The incrementor that we return also falls into place now: since we’re taking care of loops in a bulk, we need the higher level to jump past that loop when we go back.

By now we’re mostly done, but what about search-matching-bracket? It will just hunt for the index of the matching bracket that closes our loop, and return its index.

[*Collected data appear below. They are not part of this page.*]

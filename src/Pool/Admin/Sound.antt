-- ===== src/Pool/Admin/Sound.antt =====
-- The ledger under the creation and the edit of accounts.
use gptshare.Base.{
  ℕ, ◌≤◌, ◌<◌, ◌≡◌, refl, subst, Bool, true, not, ◌||◌, Option, none, some, ◌==◌, All, All-map,
  All-update, find_where, count_where, arith, Bool-cases, inl, inr, is_some,
}
use gptshare.Pool.Types.{
  Account, Db, MonitorStatus, Result, ok, err, no_rows, unique_violation, invalid_setting,
  keyring_required, account_expiry_too_long, account_archived, guard, >>=-eq-ok, ok-injective,
}
use gptshare.Pool.Tables.{is_available, is_full, credentials_complete}
use gptshare.Pool.Admin.Capacity.{All-true}
use gptshare.Pool.Admin.{
  Setting, Seed, Synced, valid_account_capacity, valid_account_expiry, monitor_taken, seed_account,
  insert_account, chosen_capacity, create_account, incomplete, synced_row, synced_account,
  of_monitor, sync_existing, sync_found, upsert_synced_account,
}
use gptshare.Pool.Admin.Update.{
  Update, live_account, asks_pending, needs_keyring, edited_row, seated_row, updated_row,
  update_account, reported_row, update_account_monitor_status,
}
use gptshare.Pool.Events.Sound.{Fresh, no_seat}
use gptshare.Pool.Books.Defs.{IsSound}
use gptshare.Pool.Books.Retire.{accounts-Books}

-- A new account without seats, of the next id.
insert_account-IsSound :
    (a : Account) (db : Db)
    → a.id ≡ db.next_account
    → a.current_allocations ≡ 0
    → IsSound db
    → Fresh db
    → IsSound (insert_account a db)
insert_account-IsSound a db same empty b f = record {
  distinct = (
    All-map (λ x. x.id < db.next_account) (λ x. x.id ≡ a.id → ⊥)
        (λ x l i. absurd (omega (arith, same, i, l))) db.accounts f.accounts,
    b.distinct,
  );
  owed = (
    rw same (omega (arith, empty, no_seat db.next_account db.allocations f.allocations)),
    b.owed,
  );
  within = (omega (arith, empty), b.within);
  ordered = b.ordered;
  one_primary = b.one_primary;
}

pub create_account-IsSound :
    (keyring : Bool) (setting : Setting) (now : ℕ) (seed : Seed) (db : Db) {r : Db × ℕ}
    → IsSound db
    → Fresh db
    → create_account keyring setting now seed db ≡ ok r
    → IsSound r.0
unfolding create_account
create_account-IsSound keyring setting now seed db b f h =
    let (capacity, c, h1) = >>=-eq-ok (chosen_capacity setting seed.max_concurrent_users) _ h in
    let (u, g, h2) =
      >>=-eq-ok (guard (valid_account_expiry now seed.account_expiry) account_expiry_too_long) _
        h1 in
    let (v, g', h3) = >>=-eq-ok (guard keyring keyring_required) _ h2 in
    let (w, g'', h4) =
      >>=-eq-ok
        (guard (not (monitor_taken db.next_account seed.monitor_account_id db.accounts))
          unique_violation)
        _ h3 in
    subst (λ (q : Db × ℕ). IsSound q.0) (ok-injective h4)
      (insert_account-IsSound (seed_account db.next_account capacity seed) db refl refl b f)

sync_found-IsSound :
    (keyring : Bool) (capacity : ℕ) (seed : Synced) (found : Option Account) (db : Db)
    {r : Db × Bool}
    → IsSound db
    → Fresh db
    → sync_found keyring capacity seed found db ≡ ok r
    → IsSound r.0
unfolding sync_found sync_existing
sync_found-IsSound keyring capacity seed none db b f h =
    let (u, g, h1) = >>=-eq-ok (guard keyring keyring_required) _ h in
    subst (λ (q : Db × Bool). IsSound q.0) (ok-injective h1)
      (insert_account-IsSound (synced_account db.next_account capacity seed) db refl refl b f)
sync_found-IsSound keyring capacity seed (some a) db {r} b f h =
    elim (Bool-cases (is_some a.archived_at)) [
      | inl e ↦
          (let refused : ◌≡◌ {A = Result (Db × Bool)} (err account_archived) (ok r) = rw e at h in
            cc)
      | inr e ↦
          subst (λ (q : Db × Bool). IsSound q.0) (ok-injective (rw e at h))
            (accounts-Books (λ x. x.id == a.id) (synced_row seed) db (λ x. refl) (λ x p o. o)
              (λ x p o w. w) b)
    ]

-- The import of an account from the monitor that succeeds, of a known account or of a new one, keeps
-- the database sound, if the next account's id is in no row.
pub upsert-IsSound :
    (keyring : Bool) (setting : Setting) (now : ℕ) (seed : Synced) (db : Db) {r : Db × Bool}
    → IsSound db
    → Fresh db
    → upsert_synced_account keyring setting now seed db ≡ ok r
    → IsSound r.0
unfolding upsert_synced_account
upsert-IsSound keyring setting now seed db b f h =
    let (u, g, h1) = >>=-eq-ok (guard (not (incomplete now seed)) account_expiry_too_long) _ h in
    let (capacity, c, h2) = >>=-eq-ok (chosen_capacity setting seed.max_concurrent_users) _ h1 in
    let (v, g', h3) = >>=-eq-ok (guard (valid_account_capacity capacity) invalid_setting) _ h2 in
    sync_found-IsSound keyring capacity seed
      (find_where (of_monitor seed.monitor_account_id) db.accounts) db b f h3

pub monitor_status-IsSound :
    (now k : ℕ) (m : Option ℕ) (s : Option MonitorStatus) (db : Db) {r : Db}
    → IsSound db
    → update_account_monitor_status now k m s db ≡ ok r
    → IsSound r
unfolding update_account_monitor_status
monitor_status-IsSound now k m s db b h =
    let (u, g, h1) = >>=-eq-ok (guard (not (monitor_taken k m db.accounts)) unique_violation) _ h in
    let (v, g', h2) =
      >>=-eq-ok (guard (count_where (live_account k) db.accounts == 1) no_rows) _ h1 in
    subst IsSound (ok-injective h2) (
      accounts-Books (live_account k) (reported_row now m s) db (λ x. refl) (λ x p o. o)
        (λ x p o w. w) b)

-- What an edit leaves in the account: it is offered for allocation only with its credentials and a
-- seat left, and full only with its credentials and no seat left.
abbrev pub Offered : ℕ → Account → Type 0
Offered k a =
    live_account k a ≡ true
    → (is_available a.status ≡ true
        → (credentials_complete a ≡ true) × (a.current_allocations < a.max_concurrent_users))
      × (is_full a.status ≡ true
          → (credentials_complete a ≡ true) × (a.max_concurrent_users ≤ a.current_allocations))

seated_row-Offered : (k : ℕ) (a : Account) → Offered k (seated_row a)
seated_row-Offered k a live = (λ h. ground (arith, h), λ h. ground (arith, h))

-- An edit of an account that succeeds, whatever it asks for, leaves the account available only with
-- complete credentials and a seat left, and full only with complete credentials and no seat left.
pub update_account-Offered :
    (keyring : Bool) (now k : ℕ) (u : Update) (db : Db) {r : Db}
    → update_account keyring now k u db ≡ ok r
    → All (Offered k) r.accounts
unfolding update_account
update_account-Offered keyring now k u db h =
    let (x1, g1, h1) =
      >>=-eq-ok
        (guard (valid_account_expiry now u.account_expiry || asks_pending u.status)
          account_expiry_too_long)
        _ h in
    let (x2, g2, h2) =
      >>=-eq-ok (guard (not (monitor_taken k u.monitor_account_id db.accounts)) unique_violation) _
        h1 in
    let (x3, g3, h3) =
      >>=-eq-ok (guard (count_where (live_account k) db.accounts == 1) no_rows) _ h2 in
    let (x4, g4, h4) = >>=-eq-ok (guard (keyring || not (needs_keyring u)) keyring_required) _ h3 in
    subst (λ (q : Db). All (Offered k) q.accounts) (ok-injective h4)
      (All-update (live_account k) (updated_row u) (λ a. Unit {0}) (Offered k)
        (λ a e x. seated_row-Offered k (edited_row u a))
        (λ a e x live. absurd (ground (arith, e, live))) db.accounts (All-true db.accounts))
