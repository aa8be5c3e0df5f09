-- ===== src/Examples/Shop.antt =====
-- A small account pool: three accounts, one of them banned, and four cards.
use gptshare.Base.{ℕ, ◌+◌, ◌*◌, refl, true, false, Option, none, some, [], ◌∷◌, arith}
use gptshare.Time.{day}
use gptshare.Pool.Types.{
  MonitorStatus, AccountStatus, CardStatus, AllocationState, Account, Card, Allocation, Binding, Db,
}
use gptshare.Pool.Tables.{occupies, occupancy}
use gptshare.Pool.Books.Defs.{IsSound}

-- Noon of the hundredth day.
abbrev pub noon : ℕ
noon = 100 * day + 43200000000000

abbrev pub account : ℕ → ℕ → MonitorStatus → AccountStatus → Account
account id used monitor_status status = record {
  id = id;
  username = id;
  account_expiry = 400 * day;
  max_concurrent_users = 2;
  current_allocations = used;
  monitor_account_id = some (40 + id);
  monitor_status = monitor_status;
  status = status;
  last_allocated_at = none;
  archived_at = none;
  sync_version = 4;
  has_password = true;
  has_totp = true;
  has_pickup = false;
}

abbrev pub card : ℕ → CardStatus → Option ℕ → Card
card id status expires_at = record {
  id = id;
  code_hash = 10 + id;
  group_id = none;
  duration_days = 30;
  status = status;
  redeemed_at = elim expires_at [ none ↦ none | some t ↦ some (90 * day) ];
  expires_at = expires_at;
  revoked_at = none;
  code_archived = false;
}

abbrev pub seat : ℕ → ℕ → ℕ → Allocation
seat id card_id account_id = record {
  id = id;
  card_id = card_id;
  account_id = account_id;
  allocated_at = 90 * day;
  valid_until = 120 * day;
  grace_until = none;
  replaced_at = none;
  replacement_reason = none;
  allocation_state = AllocationState.primary;
  active = true;
  superseded_by = none;
}

-- Card 1 holds a seat of the banned account 1, card 2 one of account 2; cards 3 and 4 are unused.
abbrev pub shop : Db
shop = record {
  accounts =
      account 1 1 MonitorStatus.dead_banned AccountStatus.available
      ∷ account 2 1 MonitorStatus.alive AccountStatus.available
      ∷ account 3 0 MonitorStatus.unknown AccountStatus.available
      ∷ [];
  cards =
      card 1 CardStatus.redeemed (some (120 * day))
      ∷ card 2 CardStatus.redeemed (some (120 * day))
      ∷ card 3 CardStatus.unused none
      ∷ card 4 CardStatus.unused none
      ∷ [];
  allocations = seat 2 2 2 ∷ seat 1 1 1 ∷ [];
  next_account = 4;
  next_allocation = 3;
  history = [];
  audits = [];
  nonces = [];
  events = [];
}

abbrev pub ticket : Binding
ticket = record {
  user_uid = 7;
  nonce = 77;
  nonce_exp = 500;
  code_hash_hex = 13;
  code_plaintext = 5;
}

pub shop-IsSound : IsSound shop
unfolding occupancy occupies
shop-IsSound = record {
  distinct = ground arith;
  owed = (refl, (refl, (refl, tt)));
  within = (omega arith, (omega arith, (omega arith, tt)));
  ordered = (omega arith, (omega arith, tt));
  one_primary = λ c. ground arith;
}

It’s mostly plumbing, but I’ll dump it here anyway:

(defndynamic search-matching-bracket [s m]
  (if (Dynamic.or (= (String.length s) 0) (= m 0))
    0
    (let [f (String.char-at s 0)]
      (inc (search-matching-bracket
            (String.tail s)
            (if (= \] f) (dec m) (if (= \[ f) (inc m) m)))))))
Fig. 6: Hunting for the matching bracket.

Basically, it keeps track of its current loop depth by keeping an index. Once that index is 0 or the string is empty2, we’re done, if not we’ll keep hunting. We get the first character and decrement the depth if it is a ] and increment if it’s a [, otherwise we leave it untouched. Then we recurse using the rest of the string and the updated depth.

And that’s it! In just under x45 lines we wrote a compile-time Brainfuck compiler!

What’s Next?

While the code for this compiler is indeed very concise, it’s not exactly pretty or graceful. If you wanted to make this better, you could tackle such things as good errors or proper function names instead of compiling everything into main. There is a lot to be desired here, but you can start from a working prototype!

The compiler is also not terribly fast. The compile-time Carp evaluator is a simple tree-walking interpreter, and it’s not optimized for speed. Still there are some low-hanging fruits in speeding this up, like avoiding rescanning the string when looking for closing loop parentheses. You can have pretty good fun with that I think!

You could also turn this compiler into an interpreter almost without effort. I’ll leave figuring out how—and maybe doing so—as an exercise to the reader.

Fin

Today we built a compiler entirely in macros. While this sounds impressive, when you get right down to it it was just a lot of string mangling, and a little bit of emitting code. This is not actually all that uncommon: if you don’t use a parser generator or framework, parsers tend to be extremely big. I guess that means we need a compile-time parser combinator framework.

All jokes aside, building this thing was a lot of fun, and I hope it was also fun to read and reason through it all. Have a good one, and see you soon!

Footnotes

1. This leads to a compiler bug that will terminate the compiler if there is an unmatched closing parenthesis, but for the purposes of this blog post that’s good enough.

2. Like in 1, this is actually a bug. We should probably error out and tell our user that something went wrong, but that would be handling errors gracefully, and we don’t do any of that stuff around these parts.